How to Toggle Smart Quotes On and Off

Autocorrect options in word

Decide which type of quotation marks you want in your document before you begin. Toggle smart quotes on or off to control the appearance of all quotations marks that are entered into the document after the change is made.

Click File > Options to open the Word Options tool, then click AutoCorrect Options from the Proofing tab. Older versions of Word use the Tools > Autocorrect menu command, instead. Either way, you'll open the AutoCorrect dialog box.

In this box, from the AutoFormat As You Type tab, toggle Straight quotes with smart quotes to set or un-set this option. This setting doesn't affect quotation marks that have already been entered in the document.
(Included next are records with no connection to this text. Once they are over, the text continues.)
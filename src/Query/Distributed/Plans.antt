-- ===== src/Query/Distributed/Plans.antt =====
-- graph-engine/crates/graph-query/src/distributed_executor.rs: filters, anti-joins and whole plans.
use doi.Prelude.{
  ℕ, String, Bool, true, false, ◌&&◌, List, [], ◌∷◌, ◌++◌, Option, none, some, get, contains_key,
  filter, filter_map, flat_map, all, insert, string_eq, nat_eq, if◌then◌else◌,
}
use doi.Prelude.Int.{ℤ}
use doi.Schema.{NodeId, EdgeId}
use doi.Storage.{Properties}
use doi.Dsl.{ComparisonOp, PropertyFilter, PropertyRef}
use doi.Index.{PartitionId, NodeRecord, EdgeRecord}
use doi.Cluster.{PartitionMap}
use doi.Query.{
  Run, ok, err, panic, ◌>>=◌, ExecutionError, QueryPlan, PlanStep, ExpandHop, AntiJoinStep, Binding,
}
use doi.Query.Filter.{evaluate_filter, property_value_to_literal, filter_beq}
use doi.Query.Distributed.{
  ScatterGatherExecutor, dedup, pick_replica, group_by_owning_node_partition,
}
use doi.Query.Distributed.Execute.{
  is_empty, id_set, broadcast_resolve, get_node_properties, get_edge_properties, scatter_gather_hop,
}

abbrev pub Condition : Type 0
Condition = String × ComparisonOp × PropertyRef

-- `outer_is_edge`, from the first binding
unfoldable pub outer_is_edge :
    Binding → List Condition → List (String × Bool) → Run (List (String × Bool))
outer_is_edge sample [] table = ok table
outer_is_edge sample ((_, _, outer) ∷ conditions) table =
    if contains_key outer.alias sample.edges
    then outer_is_edge sample conditions (insert outer.alias true table)
    else if contains_key outer.alias sample.nodes
    then outer_is_edge sample conditions (insert outer.alias false table)
    else err (ExecutionError.unknown_alias outer.alias)

-- `outer_is_edge[alias]`, which has every alias of the conditions
abbrev pub is_edge_alias : List (String × Bool) → String → Bool
is_edge_alias table alias = elim (get alias table) [ none ↦ false | some b ↦ b ]

abbrev pub option_list : {A : Type 0} → Option A → List A
option_list none = []
option_list (some a) = a ∷ []

-- the ids of the nodes, or of the edges, that the conditions refer to
abbrev pub nodes_needed : List (String × Bool) → List Condition → List Binding → List NodeId
nodes_needed table conditions frontier = id_set (
    flat_map
      (λ (b : Binding).
        flat_map
          (λ (c : Condition).
            if is_edge_alias table c.2.alias then [] else option_list (get c.2.alias b.nodes))
          conditions)
      frontier)

abbrev pub edges_needed : List (String × Bool) → List Condition → List Binding → List EdgeId
edges_needed table conditions frontier = id_set (
    flat_map
      (λ (b : Binding).
        flat_map
          (λ (c : Condition).
            if is_edge_alias table c.2.alias then option_list (get c.2.alias b.edges) else [])
          conditions)
      frontier)

abbrev pub node_properties_of : List (NodeId × NodeRecord) → NodeId → Option Properties
node_properties_of props id = elim (get id props) [ none ↦ none | some r ↦ some r.properties ]

abbrev pub edge_properties_of : List (EdgeId × EdgeRecord) → EdgeId → Option Properties
edge_properties_of props id = elim (get id props) [ none ↦ none | some r ↦ some r.properties ]

module _ (table : List (String × Bool)) (node_props : List (NodeId × NodeRecord))
    (edge_props : List (EdgeId × EdgeRecord)) where
  -- `record_properties`
  abbrev pub outer_properties : Binding → String → Option Properties
  outer_properties binding alias =
      if is_edge_alias table alias
      then elim (get alias binding.edges) [
        | none ↦ none
        | some id ↦ edge_properties_of edge_props id
      ]
      else elim (get alias binding.nodes) [
        | none ↦ none
        | some id ↦ node_properties_of node_props id
      ]

  -- one outer condition with the value that it has for the binding; `none` is `continue 'binding`
  unfoldable pub resolve_condition : Binding → Condition → Option PropertyFilter
  resolve_condition binding (inner_property, op, outer) =
      elim (outer_properties binding outer.alias) [
        | none ↦ none
        | some properties ↦ elim (get outer.property properties) [
          | none ↦ none
          | some value ↦ elim (property_value_to_literal value) [
            | none ↦ none
            | some literal ↦ some (record { property = inner_property; op = op; value = literal })
          ]
        ]
      ]

  -- the inner loop, with `resolved`
  unfoldable pub resolve_conditions :
      Binding → List Condition → List PropertyFilter → Option (List PropertyFilter)
  unfolding resolve_condition
  resolve_conditions binding [] resolved = some resolved
  resolve_conditions binding (c ∷ conditions) resolved = elim (resolve_condition binding c) [
    | none ↦ none
    | some f ↦ resolve_conditions binding conditions (resolved ++ f ∷ [])
  ]

-- `matches!(first, ResolveStart { .. } | ResolveAll { .. })`
abbrev pub is_resolve : PlanStep → Bool
is_resolve (PlanStep.resolve_start _ _ _ _) = true
is_resolve (PlanStep.resolve_all _ _) = true
is_resolve _ = false

abbrev pub Groups : Type 0
Groups = List (List PropertyFilter × List Binding)

unfoldable pub filters_beq : List PropertyFilter → List PropertyFilter → Bool
filters_beq [] [] = true
filters_beq (f ∷ fs) (g ∷ gs) = filter_beq f g && filters_beq fs gs
filters_beq _ _ = false

-- the `match` on the first group with the same conditions
unfoldable pub push_group : List PropertyFilter → Binding → Groups → Groups
unfolding filters_beq
push_group resolved binding [] = (resolved, binding ∷ []) ∷ []
push_group resolved binding ((conditions, bucket) ∷ groups) =
    if filters_beq conditions resolved
    then (conditions, bucket ++ binding ∷ []) ∷ groups
    else (conditions, bucket) ∷ push_group resolved binding groups

module _ (resolve : Binding → Option (List PropertyFilter)) where
  -- the loop over the frontier
  unfoldable pub group_conditions : List Binding → Groups → Groups
  unfolding push_group
  group_conditions [] groups = groups
  group_conditions (binding ∷ frontier) groups = group_conditions frontier (elim (resolve binding) [
    | none ↦ groups
    | some resolved ↦ push_group resolved binding groups
  ])

module _ (executor : ScatterGatherExecutor) (partitions : PartitionMap) (xxh3_64 : List ℕ → ℕ) where
  unfoldable pub resolve_and_group_by_condition :
      AntiJoinStep → (frontier : List Binding) → Run Groups
  unfolding outer_is_edge resolve_conditions group_conditions
  resolve_and_group_by_condition step [] = panic
  resolve_and_group_by_condition step (sample ∷ rest) = do
    table ← outer_is_edge sample step.outer_conditions []
    node_props ←
        (if is_empty (nodes_needed table step.outer_conditions (sample ∷ rest))
          then ok []
          else get_node_properties executor partitions xxh3_64
              (nodes_needed table step.outer_conditions (sample ∷ rest)))
    edge_props ←
        (if is_empty (edges_needed table step.outer_conditions (sample ∷ rest))
          then ok []
          else get_edge_properties executor partitions
              (edges_needed table step.outer_conditions (sample ∷ rest)))
    ok (
        group_conditions
          (λ b.
            resolve_conditions table node_props edge_props b step.outer_conditions
              step.literal_conditions)
          (sample ∷ rest) [])

  -- the inner loop of `execute_anti_join`, with `survivors`
  unfoldable pub check_groups :
      AntiJoinStep
      → List PropertyFilter
      → List (PartitionId × List Binding)
      → List Binding
      → Run (List Binding)
  check_groups step conditions [] survivors = ok survivors
  check_groups step conditions ((partition, group) ∷ groups) survivors =
      elim (pick_replica partitions partition) [
        | none ↦ check_groups step conditions groups survivors
        | some replica ↦ do
          result ← executor.rpc.check_anti_join replica step conditions group
          check_groups step conditions groups (survivors ++ result)
      ]

  unfoldable pub check_all : AntiJoinStep → Groups → (survivors : List Binding) → Run (List Binding)
  unfolding check_groups
  check_all step [] survivors = ok survivors
  check_all step ((conditions, bindings) ∷ groups) survivors = do
    by_partition ← group_by_owning_node_partition xxh3_64 executor.hasher bindings step.from_alias
    next ← check_groups step conditions by_partition survivors
    check_all step groups next

  unfoldable pub execute_anti_join : AntiJoinStep → (frontier : List Binding) → Run (List Binding)
  unfolding resolve_and_group_by_condition check_all
  execute_anti_join step frontier = if is_empty frontier then ok frontier else (do
    groups ←
        (if is_empty step.outer_conditions
          then ok ((step.literal_conditions, frontier) ∷ [])
          else resolve_and_group_by_condition step frontier)
    check_all step groups [])

  module _ (parse_rfc3339_micros : String → Option ℤ) where
    -- the closure of the final `filter`
    abbrev pub passes : ExpandHop → List (NodeId × NodeRecord) → Binding → Bool
    passes hop properties binding = elim (get hop.to_alias binding.nodes) [
      | none ↦ false
      | some id ↦ elim (get id properties) [
        | none ↦ false
        | some held ↦ all (evaluate_filter parse_rfc3339_micros held.properties) hop.filters
      ]
    ]

    unfoldable pub filter_frontier : PlanStep → (frontier : List Binding) → Run (List Binding)
    filter_frontier (PlanStep.expand_hop hop) frontier =
        if is_empty hop.filters then ok frontier else if is_empty frontier then ok frontier else (do
          properties ←
              get_node_properties executor partitions xxh3_64
                (id_set (filter_map (λ (b : Binding). get hop.to_alias b.nodes) frontier))
          ok (filter (passes hop properties) frontier))
    filter_frontier _ frontier =
        err (ExecutionError.unknown_alias "filter_frontier called with a non-ExpandHop step")

    -- one step behind the first
    unfoldable pub execute_step : PlanStep → (frontier : List Binding) → Run (List Binding)
    unfolding filter_frontier execute_anti_join
    execute_step (PlanStep.expand_hop hop) frontier = do
      expanded ← scatter_gather_hop executor partitions xxh3_64 (PlanStep.expand_hop hop) frontier
      filter_frontier (PlanStep.expand_hop hop) expanded
    execute_step (PlanStep.anti_join step) frontier = execute_anti_join step frontier
    execute_step _ frontier =
        err (ExecutionError.unknown_alias "ResolveStart/ResolveAll can only be the first plan step")

    unfoldable pub execute_steps : List PlanStep → (frontier : List Binding) → Run (List Binding)
    unfolding execute_step
    execute_steps [] frontier = ok frontier
    execute_steps (step ∷ steps) frontier = do
      next ← execute_step step frontier
      execute_steps steps next

    -- the plan behind its first step
    unfoldable pub execute_from : PlanStep → List PlanStep → Run (List Binding)
    unfolding execute_steps
    execute_from first steps = do
      start ← broadcast_resolve executor partitions first
      final ← execute_steps steps start
      ok (dedup final)

    unfoldable pub execute : QueryPlan → Run (List Binding)
    unfolding execute_from
    execute plan = elim plan.steps [
      | [] ↦
          err (
            ExecutionError.unknown_alias
              "a plan always has at least a ResolveStart/ResolveAll step")
      | first ∷ steps ↦
          if is_resolve first
          then execute_from first steps
          else err (
              ExecutionError.unknown_alias "a plan's first step must be ResolveStart or ResolveAll")
    ]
Changing Existing Quotation Mark Style

If you've already done a considerable amount of work on your document and you want to change the quotation style in the existing portion of the document, use the Ctrl+H shortcut key to open the Find and Replace dialog box.
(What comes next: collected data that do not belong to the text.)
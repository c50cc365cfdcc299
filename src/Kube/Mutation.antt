-- ===== src/Kube/Mutation.antt =====
-- mutateNamespacedCustomObjectStatus of adapters/kubernetes.js: read, compute, replace, at most three
-- times.
use passmower.Prelude.{ℕ, zero, suc, Option, Bool, List, [], ◌∷◌, if◌then◌else◌}
use passmower.Kube.{Reply, ok, error, Result, value, missing, failed, is_code}

-- An object as the API server has it, with its resource version.
pub record Versioned (S : Type 0) : Type 0 where
  pub version : ℕ
  pub status : S

module _ (S : Type 0) where
  -- The answers to the two calls of one attempt. The second one is not read if there is no write.
  pub record Answers : Type 0 where
    pub read : Reply (Versioned S)
    pub written : Reply (Versioned S)

  -- How an attempt ends.
  pub data Attempt : Type 0 where
    unchanged : Versioned S → Attempt  -- nothing to write
    wrote : Versioned S → S → Versioned S → Attempt  -- read, wrote, got back
    refused : Option ℕ → Attempt  -- the code of the error

  -- `compute` is statusFunction after mapperFunction, `equal` is isEqual.
  unfoldable pub attempt : (S → S → Bool) → (S → S) → Answers → Attempt
  attempt equal compute a = elim a.read [
    | error c ↦ refused c
    | ok current ↦
        if equal current.status (compute current.status)
        then unchanged current
        else elim a.written [
          | error c ↦ refused c
          | ok updated ↦ wrote current (compute current.status) updated
        ]
  ]

  -- `left` attempts are left after this one; an answer that is not given is an error.
  unfoldable pub mutate_loop : (S → S → Bool) → (S → S) → ℕ → List Answers → Result (Versioned S)
  mutate_loop equal compute left [] = missing
  mutate_loop equal compute left (a ∷ rest) = elim (attempt equal compute a) [
    | unchanged current ↦ value current
    | wrote current status updated ↦ value updated
    | refused c ↦
        if is_code 404 c
        then failed
        else if is_code 409 c
        then (elim left [ zero ↦ missing | suc n ↦ mutate_loop equal compute n rest ])
        else missing
  ]

  unfoldable pub mutate_status : (S → S → Bool) → (S → S) → List Answers → Result (Versioned S)
  mutate_status equal compute answers = mutate_loop equal compute 2 answers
Enter " in both the Find what and Replace with boxes. Click Replace All to convert all quotation marks in the document to your preferred style.

This procedure won't work if you haven't set the AutoCorrect setting to correct straight to smart quotes.

This process works for both single and double quotes, although you need to do separate replace operations, selecting the appropriate options for each. Microsoft Word uses your preference on current and future documents until you make a change in the AutoCorrect section.